Infrastructure managers perform safer financial planning

The First Railway Package aims to ensure the integrity and attractiveness of the European railway sector compared to other modes of transport. However, the first reform has proved inefficient in meeting the objective established by the White Paper of Transports, which was to improve the situation of railways and to reinforce the modal share of railway transport in Europe.

The debate in the European Parliament on the resolution adopted on June 11, 2010 related to the implementation of the first railway package has brought to light the fact that one of the factors that cause the stagnation of the sector is the member states’ refuse of wisely implementing the first package and of meeting the objectives established by this reform. Hence, the European Commission has proposed the reformulation of the three Directives which form the First Railway package and the implementation of a Directive aimed at establishing a Single European Railway Area.
Therefore, on January 25, 2011, the Committee for Transport and Tourism (TRAN) of the European Parliament debated the establishment of the single railway area for the first time. Apart from systematizing the existing legislation, the Commission plans to balance railway infrastructure financing and charging and to improve competition conditions and market supervision.
During the debate, Debora Serracchiani, Rapporteur of the TRAN Committee, has presented a series of aspects to be approached when the establishment of the legislative framework for the Single European Railway Area will be decided.
Rapporteur Serracchiani presented her overall approach in a working document. In her view, it is necessary to reinforce the national regulatory bodies and to set up a European Regulatory Body. Other important aspects are strengthening financial investments in the rail sector, in particular in rail infrastructure; the  internalisation of external costs caused by noise and other negative effects in line with the Eurovignette proposal for road transport and the financial discount as an incentive for using ERTMS equipment; unbundling in the area of rail-related services and open access to these services, and the unbundling between the infrastructure manager and service operator. Several questions related to specific elements insufficiently approached in the revision of the First Railway Package have been pointed out during the Parliament’s debate. These elements are, however, crucial in establishing a real single European railway area: independent infrastructure managers, lack of resources and lack of an authority for regulatory bodies and infrastructure charging.

What goes wrong?

In its recent resolution, the Parliament expresses its concern about the lack of an authority and of resources for regulatory bodies. Consequently, the Commission proposes the reinforcement of their role and competences. Also, the cooperation between bodies is reinforced going beyond the mere present exchange of information. The Commission plans to force regulatory bodies to cooperate, especially in the case of complaints about international routes. However, the Commission doesn’t come up with an European integrated survey system similar to those located at the centre of other industrial networks recently opened to competition, such as energy or communications. Enhancing regulatory control is a first absolutely necessary reform in the railway sector.

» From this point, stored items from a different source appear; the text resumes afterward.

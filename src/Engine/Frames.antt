-- ===== src/Engine/Frames.antt =====
-- How the engine hands a frame on, `onCameraFrame` of default/include/FaceEngine.h: first to the preview,
-- then to the session.
use android_vendor_extra_fac.Common.{true, Option, none, some, ℤ, negsuc}
use android_vendor_extra_fac.Engine.{Frame, FaceEngine}

-- The two callbacks, over what they change; each gives a result.
pub record FrameCallbacks (W : Type 0) : Type 0 where
  pub vision : Option (Frame → W → ℤ × W)
  pub session : Option (Frame → W → ℤ × W)

unfoldable pub request_capture : {Impl : Type 0} → FaceEngine Impl → FaceEngine Impl
request_capture e = record e { capture_requested = true }

module _ {W : Type 0} where
  unfoldable pub set_vision_frame_callback :
      Option (Frame → W → ℤ × W) → FrameCallbacks W → FrameCallbacks W
  set_vision_frame_callback cb c = record c { vision = cb }

  abbrev pub after_vision : FrameCallbacks W → Frame → W → W
  after_vision c frame w = elim c.vision [ none ↦ w | some cb ↦ (cb frame w).1 ]

  abbrev pub session_result : FrameCallbacks W → Frame → W → ℤ × W
  session_result c frame w = elim c.session [ none ↦ (negsuc 0, w) | some cb ↦ cb frame w ]

  unfoldable pub on_camera_frame :
      {Impl : Type 0} → FrameCallbacks W → Frame → FaceEngine Impl → W → ℤ × FaceEngine Impl × W
  on_camera_frame c frame e w =
      let (result, w1) = session_result c frame (after_vision c frame w) in
      (result, record e { rotation = frame.angle }, w1)
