-- ===== src/Engine/StubLaws.antt =====
-- What lib/FaceEngineStub.cpp does over several frames, and that it is an engine library as the
-- sessions expect one.
use android_vendor_extra_fac.Common.{
  ◌+◌, ◌++◌, map, ◌<◌, ◌≡◌, refl, sym, ap, ◌∙◌, true, false, List, [], ◌∷◌, if◌then◌else◌, none,
  some, ℤ, pos, int_eq, arith, length,
}
use android_vendor_extra_fac.VendorCode.{face_ok, keep, failed}
use android_vendor_extra_fac.Engine.{Frame, FaceEngine, EngineLaws}
use android_vendor_extra_fac.Engine.Stub.{
  FaceEngineCallbacks, Impl, insert, max_id, next_id, enroll, delete_enrollment, cancel_all, stub,
  save, mock_embedding,
}
use android_vendor_extra_fac.Engine.Enrollments.{
  lookup, lookup-insert, lookup-insert_other, next_id_new,
}

module _ (callbacks : FaceEngineCallbacks) where
  -- The stub keeps what the sessions expect of `cancelAll` and `deleteEnrollment`.
  pub stub_laws : EngineLaws (stub callbacks)
  unfolding cancel_all delete_enrollment
  stub_laws = record {
    cancel_all-cancelled = λ e. refl;
    delete_enrollment-cancelled = λ user id e. refl;
  }

  -- The codes that the frames of a list give one after the other, and the engine behind them.
  unfoldable pub enroll_all :
      ℤ → List Frame → FaceEngine (Impl callbacks) → List ℤ × FaceEngine (Impl callbacks)
  enroll_all user [] e = ([], e)
  enroll_all user (f ∷ fs) e =
      let (code, face, e1) = enroll callbacks user f (pos 0) e in
      let (codes, e2) = enroll_all user fs e1 in (code ∷ codes, e2)

  enroll_counts :
      (user : ℤ) (f : Frame) (face : ℤ) (e : FaceEngine (Impl callbacks))
      → e.cancelled ≡ false
      → e.enroll_frame_count + 1 < 5
      → enroll callbacks user f face e
        ≡ (pos keep, face, record e { enroll_frame_count = e.enroll_frame_count + 1 })
  unfolding enroll
  enroll_counts user f face e on h = ground arith

  enroll_completes :
      (user : ℤ) (f : Frame) (face : ℤ) (e : FaceEngine (Impl callbacks))
      → e.cancelled ≡ false
      → e.enroll_frame_count ≡ 4
      → let id = next_id (max_id (pos 0) e.impl.enrolled_embeddings) in
        enroll callbacks user f face e ≡ (
          if (save callbacks user id e.impl).0
          then (
            pos face_ok,
            id,
            record e {
              impl = record (save callbacks user id e.impl).1 {
                enrolled_embeddings =
                    insert id (mock_embedding callbacks) e.impl.enrolled_embeddings;
              };
              enroll_frame_count = 0;
            },
          )
          else (
            pos failed,
            id,
            record e { impl = (save callbacks user id e.impl).1; enroll_frame_count = 0 },
          ))
  unfolding enroll save
  enroll_completes user f face e on h = ground arith

  enroll_all_counts :
      (user : ℤ) (fs : List Frame) (e : FaceEngine (Impl callbacks))
      → e.cancelled ≡ false
      → e.enroll_frame_count + length fs < 5
      → enroll_all user fs e ≡ (
        map (λ f. pos keep) fs,
        record e { enroll_frame_count = e.enroll_frame_count + length fs },
      )
  unfolding enroll_all
  enroll_all_counts user [] e on h =
      ap (λ n. ([], record e { enroll_frame_count = n })) (omega arith)
  enroll_all_counts user (f ∷ fs) e on h =
      let first = enroll_counts user f (pos 0) e on (omega arith) in
      let rest =
        enroll_all_counts user fs (record e { enroll_frame_count = e.enroll_frame_count + 1 }) on
          (omega arith) in
      let count : e.enroll_frame_count + 1 + length fs ≡ e.enroll_frame_count + length (f ∷ fs) =
        omega arith in
      simp (first, rest, count)

  enroll_all-append :
      (user : ℤ) (fs : List Frame) (f : Frame) (e : FaceEngine (Impl callbacks))
      → (enroll_all user (fs ++ f ∷ []) e).0
        ≡ (enroll_all user fs e).0
          ++ (enroll callbacks user f (pos 0) (enroll_all user fs e).1).0 ∷ []
  unfolding enroll_all
  enroll_all-append user [] f e = refl
  enroll_all-append user (g ∷ fs) f e =
      ap (◌∷◌ (enroll callbacks user g (pos 0) e).0)
        (enroll_all-append user fs f (enroll callbacks user g (pos 0) e).2)

  enroll_completes_code :
      (user : ℤ) (f : Frame) (face : ℤ) (e : FaceEngine (Impl callbacks))
      → e.cancelled ≡ false
      → e.enroll_frame_count ≡ 4
      → (enroll callbacks user f face e).0 ≡ (
          if (save callbacks user (next_id (max_id (pos 0) e.impl.enrolled_embeddings)) e.impl).0
          then pos face_ok
          else pos failed)
  unfolding enroll
  enroll_completes_code user f face e on four = ground arith

  enroll_completes_saved :
      (user : ℤ) (f : Frame) (face : ℤ) (e : FaceEngine (Impl callbacks))
      → e.cancelled ≡ false
      → e.enroll_frame_count ≡ 4
      → (save callbacks user (next_id (max_id (pos 0) e.impl.enrolled_embeddings)) e.impl).0 ≡ true
      → let id = next_id (max_id (pos 0) e.impl.enrolled_embeddings) in
        enroll callbacks user f face e ≡ (
          pos face_ok,
          id,
          record e {
            impl = record (save callbacks user id e.impl).1 {
              enrolled_embeddings = insert id (mock_embedding callbacks) e.impl.enrolled_embeddings;
            };
            enroll_frame_count = 0;
          },
        )
  enroll_completes_saved user f face e on four saved =
      enroll_completes user f face e on four ∙ rw (saved) refl

  -- From a started enrollment, four frames are each answered with KEEP, and the fifth with FACE_OK
  -- where the new template is saved and with FAILED where it is not.
  pub enroll_all_five :
      (user : ℤ) (fs : List Frame) (f : Frame) (e : FaceEngine (Impl callbacks))
      → e.cancelled ≡ false
      → e.enroll_frame_count ≡ 0
      → length fs ≡ 4
      → (enroll_all user (fs ++ f ∷ []) e).0
        ≡ map (λ f. pos keep) fs
          ++ (if (save callbacks user
                (next_id (max_id (pos 0) e.impl.enrolled_embeddings))
                e.impl).0
              then pos face_ok
              else pos failed)
            ∷ []
  enroll_all_five user fs f e on start four =
      let counts = enroll_all_counts user fs e on (omega arith) in
      let e4 : FaceEngine (Impl callbacks) = record e {
        enroll_frame_count = e.enroll_frame_count + length fs;
      } in
      let last = enroll_completes_code user f (pos 0) e4 on (omega arith) in
      enroll_all-append user fs f e ∙ rw (counts) (rw (last) refl)

  -- The frame that completes an enrollment, where its template is saved, adds one face under an id
  -- that no enrolled face has, leaves the other faces alone and starts the count again.
  pub enroll_adds :
      (user : ℤ) (f : Frame) (face j : ℤ) (e : FaceEngine (Impl callbacks))
      → e.cancelled ≡ false
      → e.enroll_frame_count ≡ 4
      → (save callbacks user (next_id (max_id (pos 0) e.impl.enrolled_embeddings)) e.impl).0 ≡ true
      → int_eq j (enroll callbacks user f face e).1 ≡ false
      → let (code, id, t) = enroll callbacks user f face e in
        (code ≡ pos face_ok)
        × (lookup id e.impl.enrolled_embeddings ≡ none)
        × (lookup id t.impl.enrolled_embeddings ≡ some (mock_embedding callbacks))
        × (lookup j t.impl.enrolled_embeddings ≡ lookup j e.impl.enrolled_embeddings)
        × (t.enroll_frame_count ≡ 0)
  enroll_adds user f face j e on four saved other =
      let m = e.impl.enrolled_embeddings in
      let id = next_id (max_id (pos 0) m) in
      let done = enroll_completes_saved user f face e on four saved in
      let apart : int_eq j id ≡ false = ap (λ t. int_eq j t.1) (sym done) ∙ other in
      rw (done) (
        refl,
        next_id_new m,
        lookup-insert id (mock_embedding callbacks) m,
        lookup-insert_other j id (mock_embedding callbacks) m apart,
        refl,
      )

The Parliament has often criticised member states’ lack of investment and financing of the railway systems, despite specific provisions in Directive 2001/12 on the financing of infrastructure and the management of railway debts. The Commission has inserted some new provisions to improve financing of railway infrastructure. Among them, the publication of five-year strategies for the development of national infrastructure was made mandatory.

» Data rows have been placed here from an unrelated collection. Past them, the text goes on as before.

-- ===== src/Session/State.antt =====
-- The fields of `Session`, its callbacks and the queue that carries them to the framework.
use android_vendor_extra_fac.Common.{ℕ, Bool, true, false, List, [], ◌∷◌, ◌++◌, if◌then◌else◌, ℤ}
use android_vendor_extra_fac.VendorCode.{AcquiredInfo}
use android_vendor_extra_fac.Engine.{Frame, FaceEngine, EngineLibrary}
use android_vendor_extra_fac.Camera.{CameraBackend}

-- The constants that the code names; `other` stands for the rest of the enumeration.
pub data OperationReason : Type 0 where
  unknown biometric_prompt keyguard : OperationReason
  other : ℕ → OperationReason

pub data DisplayState : Type 0 where
  unknown lockscreen no_ui aod : DisplayState
  other : ℕ → DisplayState

pub data Feature : Type 0 where
  require_attention require_diverse_poses : Feature
  other : ℕ → Feature

pub data Error : Type 0 where
  canceled vendor : Error

pub record OperationContext : Type 0 where
  pub reason : OperationReason
  pub display_state : DisplayState

-- `HardwareAuthToken`, the fields that are set. A challenge is its 64-bit pattern.
pub record HardwareAuthToken : Type 0 where
  pub challenge : ℕ
  pub user_id : ℤ
  pub authenticator_id : ℕ
  pub timestamp : ℕ

-- A call of `ISessionCallback`.
pub data Callback : Type 0 where
  on_error : Error → ℤ → Callback
  on_challenge_generated on_challenge_revoked : ℕ → Callback
  on_enrollment_progress : ℤ → ℤ → Callback
  on_enrollment_frame on_authentication_frame : AcquiredInfo → ℤ → Callback
  on_authentication_succeeded : ℤ → HardwareAuthToken → Callback
  on_authentication_failed on_interaction_detected : Callback
  on_enrollments_enumerated on_enrollments_removed : List ℤ → Callback
  on_features_retrieved : List Feature → Callback
  on_feature_set : Feature → Callback
  on_authenticator_id_retrieved : ℕ → Callback
  on_lockout_cleared on_session_closed : Callback

-- `SessionCallbackQueue`, with the callbacks that its thread has made so far, oldest first.
pub record CallbackQueue : Type 0 where
  pub queue : List Callback
  pub running : Bool
  pub delivered : List Callback

-- The thread that `onCameraFrame` detaches: before and after its call of the engine.
pub data Worker : Type 0 where
  spawned : Frame → Worker
  authenticated : ℤ → ℤ → Worker
  analysed : ℤ → Worker
  enrolled : ℤ → ℤ → ℤ → Worker

pub record Session : Type 0 where
  pub user_id : ℤ
  pub has_callback : Bool
  pub is_authenticating : Bool
  pub is_enrolling : Bool
  pub is_detecting_interaction : Bool
  pub processing_frame : Bool
  pub current_challenge : ℕ
  pub current_operation_reason : OperationReason
  pub current_display_state : DisplayState
  pub auth_start_time : ℕ
  pub callbacks : CallbackQueue

-- A session with the engine and the camera that it drives, and the threads that it has detached.
pub record System (lib : EngineLibrary) (cam : CameraBackend) : Type 0 where
  pub session : Session
  pub engine : FaceEngine lib.Impl
  pub camera : cam.State
  pub workers : List Worker

-- `postCallback`, on the queue and on the session.
unfoldable pub push : Callback → CallbackQueue → CallbackQueue
push task q = if q.running then record q { queue = q.queue ++ task ∷ [] } else q

unfoldable pub post_callback : Callback → Session → Session
post_callback task s = record s { callbacks = push task s.callbacks }

-- One round of the callback thread: the front of the queue is taken off and called.
unfoldable pub deliver : CallbackQueue → CallbackQueue
deliver q = elim q.queue [
  | [] ↦ q
  | task ∷ rest ↦ record q { queue = rest; delivered = q.delivered ++ task ∷ [] }
]

-- The thread leaves its loop.
unfoldable pub is_finished : CallbackQueue → Bool
is_finished q = if q.running then false else elim q.queue [ [] ↦ true | task ∷ rest ↦ false ]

These strategies should meet future mobility needs and ensure sustainable financing of the rail system. Business plans prepared by infrastructure managers, on the basis of consultation with all market players, have to respect this new framework. Obligations reinforcing the transparency of member states’ and infrastructure managers’ commitments are also strengthened, such as the publication of the charging framework. These provisions are a progress for transparency, and so are the obligations to be respected by member states.

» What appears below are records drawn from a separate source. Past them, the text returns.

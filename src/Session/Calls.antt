-- ===== src/Session/Calls.antt =====
-- The binder calls of Session.cpp, one function each.
use android_vendor_extra_fac.Common.{
  ℕ, Bool, true, false, ◌||◌, List, [], ◌∷◌, ◌++◌, if◌then◌else◌, Option, none, some, ℤ, pos,
  int_eq,
}
use android_vendor_extra_fac.VendorCode.{camera_no_device}
use android_vendor_extra_fac.Engine.{
  FaceEngine, EngineLibrary, set_session_frame_callback, start_operation, set_require_attention,
  set_require_diverse_poses,
}
use android_vendor_extra_fac.Camera.{CameraBackend}
use android_vendor_extra_fac.Session.State.{
  Session, System, OperationReason, DisplayState, Feature, Error, OperationContext, Callback,
  post_callback, on_error, on_challenge_generated, on_challenge_revoked, on_enrollments_enumerated,
  on_enrollments_removed, on_features_retrieved, on_feature_set, on_authenticator_id_retrieved,
  on_lockout_cleared, on_session_closed,
}

-- `CryptoClient::generateChallenge`: the random number, or 0 where the generator fails.
unfoldable pub generate_challenge_value : Option ℕ → ℕ
generate_challenge_value none = 0
generate_challenge_value (some challenge) = challenge

-- The flags that `cancel` clears.
unfoldable pub clear_operations : Session → Session
clear_operations s = record s {
  is_authenticating = false;
  is_enrolling = false;
  is_detecting_interaction = false;
  current_operation_reason = OperationReason.unknown;
}

unfoldable pub is_active : Session → Bool
is_active s = s.is_authenticating || s.is_enrolling || s.is_detecting_interaction

unfoldable pub infer_reason : OperationReason → DisplayState → OperationReason
infer_reason OperationReason.unknown DisplayState.lockscreen = OperationReason.keyguard
infer_reason OperationReason.unknown _ = OperationReason.biometric_prompt
infer_reason reason _ = reason

unfoldable pub delete_all :
    (lib : EngineLibrary) → ℤ → List ℤ → FaceEngine lib.Impl → FaceEngine lib.Impl
delete_all lib user [] e = e
delete_all lib user (id ∷ ids) e = delete_all lib user ids (lib.delete_enrollment user id e).1

-- The features that are on, in the order of the two tests.
unfoldable pub enabled_features : {Impl : Type 0} → FaceEngine Impl → List Feature
enabled_features e =
    (if e.require_attention then Feature.require_attention ∷ [] else [])
    ++ (if e.require_diverse_poses then Feature.require_diverse_poses ∷ [] else [])

unfoldable pub switch_feature : {Impl : Type 0} → Feature → Bool → FaceEngine Impl → FaceEngine Impl
unfolding set_require_attention set_require_diverse_poses
switch_feature Feature.require_attention enabled e = set_require_attention enabled e
switch_feature Feature.require_diverse_poses enabled e = set_require_diverse_poses enabled e
switch_feature (Feature.other n) enabled e = e

module _ {lib : EngineLibrary} {cam : CameraBackend} where
  abbrev pub post : Callback → System lib cam → System lib cam
  post task s = record s { session = post_callback task s.session }

  -- A callback behind the test `mCb != nullptr`.
  abbrev pub post_checked : Callback → System lib cam → System lib cam
  post_checked task s = if s.session.has_callback then post task s else s

  unfoldable pub cancel : System lib cam → System lib cam
  unfolding clear_operations is_active post_callback
  cancel s =
      let s1 = if is_active s.session then post (on_error Error.canceled (pos 0)) s else s in
      record s1 {
        session = clear_operations s1.session;
        engine = lib.cancel_all s1.engine;
        camera = cam.stop s1.camera;
      }

  -- `mCameraClient->start`, and what the three operations do where it fails: `stopped` resets the
  -- flag of the operation.
  unfoldable pub start_camera : (Session → Session) → System lib cam → System lib cam
  unfolding post_callback
  start_camera stopped s =
      let (started, camera) = cam.start s.camera in
      let code = cam.last_start_failure_vendor_code camera in
      let v = if int_eq code (pos 0) then pos camera_no_device else code in
      let s1 = record s { camera = camera } in
      if started
      then s1
      else post (on_error Error.vendor v) (record s1 { session = stopped s1.session })

  unfoldable pub enroll : System lib cam → System lib cam
  unfolding start_camera start_operation
  enroll s =
      start_camera (λ t. record t { is_enrolling = false })
        (record s {
          engine = start_operation s.engine;
          session = record s.session { is_enrolling = true };
        })

  -- `now` is the steady clock's reading in milliseconds.
  unfoldable pub authenticate : ℕ → ℕ → System lib cam → System lib cam
  unfolding start_camera start_operation infer_reason
  authenticate operation_id now s =
      start_camera (λ t. record t { is_authenticating = false })
        (record s {
          engine = start_operation s.engine;
          session = record s.session {
            current_challenge = operation_id;
            is_authenticating = true;
            auth_start_time = now;
            current_operation_reason =
                infer_reason s.session.current_operation_reason s.session.current_display_state;
          };
        })

  unfoldable pub authenticate_with_context :
      ℕ → OperationContext → ℕ → System lib cam → System lib cam
  unfolding authenticate
  authenticate_with_context operation_id context now s =
      authenticate operation_id now
        (record s { session = record s.session { current_operation_reason = context.reason } })

  unfoldable pub detect_interaction : System lib cam → System lib cam
  unfolding start_camera start_operation
  detect_interaction s =
      start_camera (λ t. record t { is_detecting_interaction = false })
        (record s {
          engine = start_operation s.engine;
          session = record s.session { is_detecting_interaction = true };
        })

  unfoldable pub generate_challenge : Option ℕ → System lib cam → System lib cam
  unfolding generate_challenge_value post_callback
  generate_challenge random s =
      let challenge = generate_challenge_value random in
      post_checked (on_challenge_generated challenge)
        (record s { session = record s.session { current_challenge = challenge } })

  unfoldable pub revoke_challenge : ℕ → System lib cam → System lib cam
  unfolding post_callback
  revoke_challenge challenge s = post_checked (on_challenge_revoked challenge) s

  unfoldable pub enumerate_enrollments : System lib cam → System lib cam
  unfolding post_callback
  enumerate_enrollments s =
      post (on_enrollments_enumerated (lib.get_enrolled_face_ids s.session.user_id s.engine)) s

  unfoldable pub remove_enrollments : List ℤ → System lib cam → System lib cam
  unfolding post_callback
  remove_enrollments ids s =
      post (on_enrollments_removed ids)
        (record s { engine = delete_all lib s.session.user_id ids s.engine })

  unfoldable pub get_features : System lib cam → System lib cam
  unfolding post_callback enabled_features
  get_features s = post (on_features_retrieved (enabled_features s.engine)) s

  unfoldable pub set_feature : Feature → Bool → System lib cam → System lib cam
  unfolding post_callback switch_feature
  set_feature feature enabled s =
      post_checked (on_feature_set feature)
        (record s { engine = switch_feature feature enabled s.engine })

  unfoldable pub get_authenticator_id : System lib cam → System lib cam
  unfolding post_callback
  get_authenticator_id s = post (on_authenticator_id_retrieved 0) s

  unfoldable pub reset_lockout : System lib cam → System lib cam
  unfolding post_callback
  reset_lockout s = post on_lockout_cleared s

  unfoldable pub close : System lib cam → System lib cam
  unfolding cancel post_callback
  close s = post on_session_closed (cancel s)

  -- The constructor; a failure of `init` is only logged.
  unfoldable pub create : ℤ → Bool → FaceEngine lib.Impl → cam.State → System lib cam
  unfolding set_session_frame_callback
  create user given e camera = record {
    session = record {
      user_id = user;
      has_callback = given;
      is_authenticating = false;
      is_enrolling = false;
      is_detecting_interaction = false;
      processing_frame = false;
      current_challenge = 0;
      current_operation_reason = OperationReason.unknown;
      current_display_state = DisplayState.unknown;
      auth_start_time = 0;
      callbacks = record { queue = []; running = true; delivered = [] };
    };
    engine = set_session_frame_callback true (lib.restore_enrollments user (lib.init e).1).1;
    camera = camera;
    workers = [];
  }

  -- The destructor.
  unfoldable pub destroy : System lib cam → System lib cam
  unfolding set_session_frame_callback cancel
  destroy s =
      let s1 = cancel (record s { engine = set_session_frame_callback false s.engine }) in
      record s1 {
        session = record s1.session { callbacks = record s1.session.callbacks { running = false } };
      }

The Commission proposes to make mandatory the contractual agreements between the infrastructure manager and the public authorities to secure an alternative source of infrastructure financing besides the charges. The duration of these agreements are extended from three to at least five years, for example through the inclusion of performance indicators in the contractual agreement. This could be a strong incentive to make good use of the network, provided the targets defined are ambitious enough.
These measures are a step towards the creation of a sound financial architecture, but the question remains whether they will be sufficient in the context of rarefied member states’ resources. Unfortunately, the foundation of infrastructure funding remains fragile.